第15話


「おいおい、お前どうするんだよ!?」

 

 腕の中で本がバタバタと暴れている。

 

「そんな身ひとつで飛び出して……下手すりゃ餓死にだぞ!? 国の外じゃ魔物だっているんだろ!?」

「わかんないわよそんなの!」

 

 国境近くの森をただひたすらに走って逃げる。いわゆる夜逃げだ。お父様のいる地方に追放されるくらいなら、自分で知らない土地に行く方がましだと思って決行した。

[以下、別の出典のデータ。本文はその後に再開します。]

-- ===== src/Tests/Failures.antt =====
-- Calls of the wallet service that fail in the middle of their transaction.
use go_ewallet_backend.Prelude.{◌≡◌, refl}
use go_ewallet_backend.Prelude.Int.{◌+ℤ◌, ◌-ℤ◌}
use go_ewallet_backend.Prelude.Int64.{add64, sub64, wrap}
use go_ewallet_backend.Runtime.{
  DbError, Error, err, ◌>>=◌, recover, run_in, in_tx, on_db, begin_tx, commit_as, commit,
  with_rollback, run_on,
}
use go_ewallet_backend.Repository.Idempotency
use go_ewallet_backend.Repository.Ledger
use go_ewallet_backend.Repository.TopUp
use go_ewallet_backend.Repository.Wallet.Balances.{
  get_wallet_by_user_id, select_by_user, subtract_by_id, add_by_id, get_wallet_by_id_for_update_tx,
  update_balance_by_wallet_id_tx, select_by_id, add_by_id_touching,
}
use go_ewallet_backend.Repository.Wallet.Transfers.{
  transfer_with_metadata_tx, apply_transfer, select_locked, insert_transfer,
}
use go_ewallet_backend.Service.Amount.{validate_and_apply_top_up}
use go_ewallet_backend.Service.Reference.{generate_reference}
use go_ewallet_backend.Service.Reservation.{
  reserve, hash_payload, complete_idempotency, fail_idempotency,
}
use go_ewallet_backend.Service.Wallet.Atomicity.{
  transfer-atomic, create_top_up-atomic, confirm_top_up-atomic,
}
use go_ewallet_backend.Service.Wallet.Transfer.{
  transfer_with_idempotency, transfer_in_tx, transfer_reserved, record_transfer, fail_transfer,
}
use go_ewallet_backend.Service.Wallet.TopUp.{
  confirm_top_up, confirm_in_tx, confirm_reserved, confirm_order, confirm_pending, pay_order,
  create_top_up, create_top_up_with, create_in_tx, create_reserved,
}
use go_ewallet_backend.Tests.Fixture.{cut, cut_early, start, ordered, coffee, by_bank, from_bank}

-- The money has moved in the transaction when the connection is lost.
lost_transfer :
    (transfer_with_idempotency cut 11 "k1" coffee start).0 ≡ err (Error.db DbError.unavailable)
unfolding transfer_with_idempotency transfer_in_tx transfer_reserved record_transfer fail_transfer
    ◌>>=◌ recover run_in in_tx on_db begin_tx commit_as commit with_rollback run_on
    get_wallet_by_user_id select_by_user reserve hash_payload Idempotency.reserve
    Idempotency.insert_key generate_reference transfer_with_metadata_tx select_locked apply_transfer
    subtract_by_id add_by_id insert_transfer add64 sub64 wrap ◌+ℤ◌ ◌-ℤ◌ Ledger.create_tx
    Ledger.insert_entry complete_idempotency fail_idempotency Idempotency.mark_failed
lost_transfer = refl

transfer-atomic_example :
    (transfer_with_idempotency cut 11 "k1" coffee start).1.committed ≡ start.committed
transfer-atomic_example = transfer-atomic cut start 11 "k1" coffee lost_transfer

lost_payment :
    (confirm_top_up cut 12 "TUP-2" "k2" by_bank ordered).0 ≡ err (Error.db DbError.unavailable)
unfolding confirm_top_up confirm_in_tx confirm_reserved confirm_order confirm_pending pay_order
    ◌>>=◌ recover run_in in_tx on_db begin_tx commit_as commit with_rollback run_on
    get_wallet_by_id_for_update_tx update_balance_by_wallet_id_tx select_by_id add_by_id_touching
    reserve hash_payload Idempotency.reserve Idempotency.insert_key TopUp.scan_row
    TopUp.scan_top_up_order TopUp.get_by_reference_id_for_user_tx TopUp.select_order_of
    TopUp.mark_successful_tx TopUp.mark_successful validate_and_apply_top_up add64 sub64 wrap ◌+ℤ◌
    ◌-ℤ◌ Ledger.create_tx Ledger.insert_entry
lost_payment = refl

confirm_top_up-atomic_example :
    (confirm_top_up cut 12 "TUP-2" "k2" by_bank ordered).1.committed ≡ ordered.committed
confirm_top_up-atomic_example =
    confirm_top_up-atomic cut ordered 12 "TUP-2" "k2" by_bank lost_payment

lost_order :
    (create_top_up cut_early 12 "k3" from_bank start).0 ≡ err (Error.db DbError.unavailable)
unfolding create_top_up create_top_up_with create_in_tx create_reserved ◌>>=◌ recover run_in in_tx
    on_db begin_tx commit_as commit with_rollback run_on get_wallet_by_user_id select_by_user
    reserve hash_payload Idempotency.reserve Idempotency.insert_key generate_reference
    TopUp.scan_row TopUp.scan_top_up_order TopUp.create_tx TopUp.insert_order
    validate_and_apply_top_up add64 sub64 wrap ◌+ℤ◌ ◌-ℤ◌ complete_idempotency
    Idempotency.mark_completed Idempotency.complete_key
lost_order = refl

create_top_up-atomic_example :
    (create_top_up cut_early 12 "k3" from_bank start).1.committed ≡ start.committed
create_top_up-atomic_example = create_top_up-atomic cut_early start 12 "k3" from_bank lost_order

 本の言う通り、お金も食料も何もかも最低限しか持ってはいない。そもそも屋敷に金目のものなんてほとんど残されていなかったし。

 

「つーか、え!? 俺どうなってんだ!? 一回完全に本に戻ったよな!? え!?」

「ああもううるさいわね! あんまり騒ぐと見つかっちゃうって言ってるでしょうが!」

「いやだってよ!? こんなの魔法がなんか使ったとしか……魔法?」

 

 本がぴたりと動きを止めた。自分にかけられた魔法だから、何か感じるところでもあったんでしょう。

 私は足を緩めないまま、まっすぐ前を向いて言った。

 

「エレオノールが貸してくれたのよ、魔法。一回だけだったけど」

「……なんで俺に使っちまったんだよ……」

 

 本が呆然とした声で言った。

「馬鹿ね」と思わず口から出た言葉は、自分で思っていたよりも随分と優しい声になってしまった。

 

「確かにあなたに嘘はつかれてたけど……それで救われちゃったのよ、私は」

 

 けれどこの半年間を思えば、ちょっとくらい素直になったっていいでしょう?

 

「あの時は私も言い過ぎちゃったから、ちゃんと謝るわ。だから……責任もって、次に私がやるべきことを教えなさいよ。嘘でも虚勢でもなんでもいいわ。どれだけくだらなくても出来なさそうでも、恥ずかしがらずに片っ端からやってあげるから」

 

 不適な笑みを浮かべてそう言ってやる。精一杯の虚勢を張りながら。

 息は上がって、汗だくで、この先どうすれば良いのかなんて全然わからない。あと数分後には魔物に食われて死んでしまっているかもしれない。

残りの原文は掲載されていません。